Anybody needing a UGAg hat ?  It seems that since the grass cutting season is in full bore, there is a fresh supply along the medians of Hwy 78 and Hwy 316 !!


----------



## Bitteroot (May 11, 2010)

lilburnjoe said:


> Anybody needing a UGAg hat ?  It seems that since the grass cutting season is in full bore, there is a fresh supply along the medians of Hwy 78 and Hwy 316 !!

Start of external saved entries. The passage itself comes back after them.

-- ===== src/Witness/Serve/Conflicts.antt =====
-- The answers of status 409 of `serveAddCheckpoint` of internal/witness/witness.go.
use litetlog.Prelude.{ℕ, ◌⊎◌, inl, inr, ◌≡◌, refl, [], ◌∷◌, ◌++◌, Bytes, arith, some}
use litetlog.Std.Strconv.{format_int}
use litetlog.Tlogx.Checkpoint.{newline}
use litetlog.Witness.Library.{
  unknown_log, invalid_signature, bad_request, bad_proof, conflict, internal, Result, ok, err,
  Library, Signer,
}
use litetlog.Std.Strings.{cut}
use litetlog.Witness.Db.{World}
use litetlog.Witness.Request.{Request, parse_request}
use litetlog.Witness.Process.Endorse.{OpensPrefix}
use litetlog.Witness.Process.{process_add_checkpoint}
use litetlog.Witness.Process.Conflict.{Stored}
use litetlog.Witness.Process.Conflict.Whole.{process_add_checkpoint-Tells}
use litetlog.Witness.Serve.{Response, respond, serve_add_checkpoint}

respond-conflict :
    (r : Result Bytes)
    → (respond r).status ≡ 409
    → (n : ℕ) × (r ≡ err (conflict n)) × ((respond r).body ≡ format_int n ++ (newline ∷ []))
unfolding respond
respond-conflict (ok sigs) h = absurd (omega arith)
respond-conflict (err unknown_log) h = absurd (omega arith)
respond-conflict (err invalid_signature) h = absurd (omega arith)
respond-conflict (err bad_request) h = absurd (omega arith)
respond-conflict (err bad_proof) h = absurd (omega arith)
respond-conflict (err (conflict known)) h = (known, refl, refl)
respond-conflict (err (internal message)) h = absurd (omega arith)

module _ (lib : Library) (prefix : OpensPrefix lib) where
  -- The body of the answer tells the size of the log of the request, which is that of its row.
  abbrev pub TellsSize : Bytes ⊎ Bytes → Response × World → Type 0
  TellsSize input answer =
      (body : Bytes) × (r : Request) × (n : ℕ) × (input ≡ inr body)
      × (parse_request lib.parse_hash body ≡ some r)
      × (answer.0.body ≡ format_int n ++ (newline ∷ []))
      × Stored (cut newline r.note).before n answer.1.db

  -- Where note.Open returns a prefix of the note, an answer of status 409 has a body that was read
  -- as a request, and its text is the size, in decimal with a newline behind it, of the row that
  -- the log of the request has in the database afterwards.
  pub serve_add_checkpoint-TellsSize :
      (s : Signer) (input : Bytes ⊎ Bytes) (w : World)
      → (serve_add_checkpoint lib s input w).0.status ≡ 409
      → TellsSize input (serve_add_checkpoint lib s input w)
  unfolding serve_add_checkpoint
  serve_add_checkpoint-TellsSize s (inl message) w h = absurd (omega arith)
  serve_add_checkpoint-TellsSize s (inr body) w h =
      let (n, e, text) = respond-conflict (process_add_checkpoint lib s body w).0 h in
      let (r, reads, stored) = process_add_checkpoint-Tells lib prefix s body w n e in
      (body, r, n, refl, reads, text, stored)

You been wearing out the Highways around Athens so you can say you got to look at a real football team again? You might wanna pick up a few and sell them come "state championship" time again. You may actually find buyers for the RED ones.


----------



## fairhopebama (May 11, 2010)

Roll Tide to all you Bama Fans out there. Looks like we are in for another exciting season. Repeating is going to be difficult especially with the scheduling that we will see this year. Just wondering what the thinking is amongst other Bama fans here and the Rival SEC Bottom Feeders that seem to scavenge around. Techsters, enjoy that ACC Championship and UGA your State Championship. I guess both of you are winners in some warped way.


----------



## Bitteroot (May 11, 2010)

fairhope said:


> Roll Tide to all you Bama Fans out there. Looks like we are in for another exciting season. Repeating is going to be difficult especially with the scheduling that we will see this year. Just wondering what the thinking is amongst other Bama fans here and the Rival SEC Bottom Feeders that seem to scavenge around. Techsters, enjoy that ACC Championship and UGA your State Championship. I guess both of you are winners in some warped way.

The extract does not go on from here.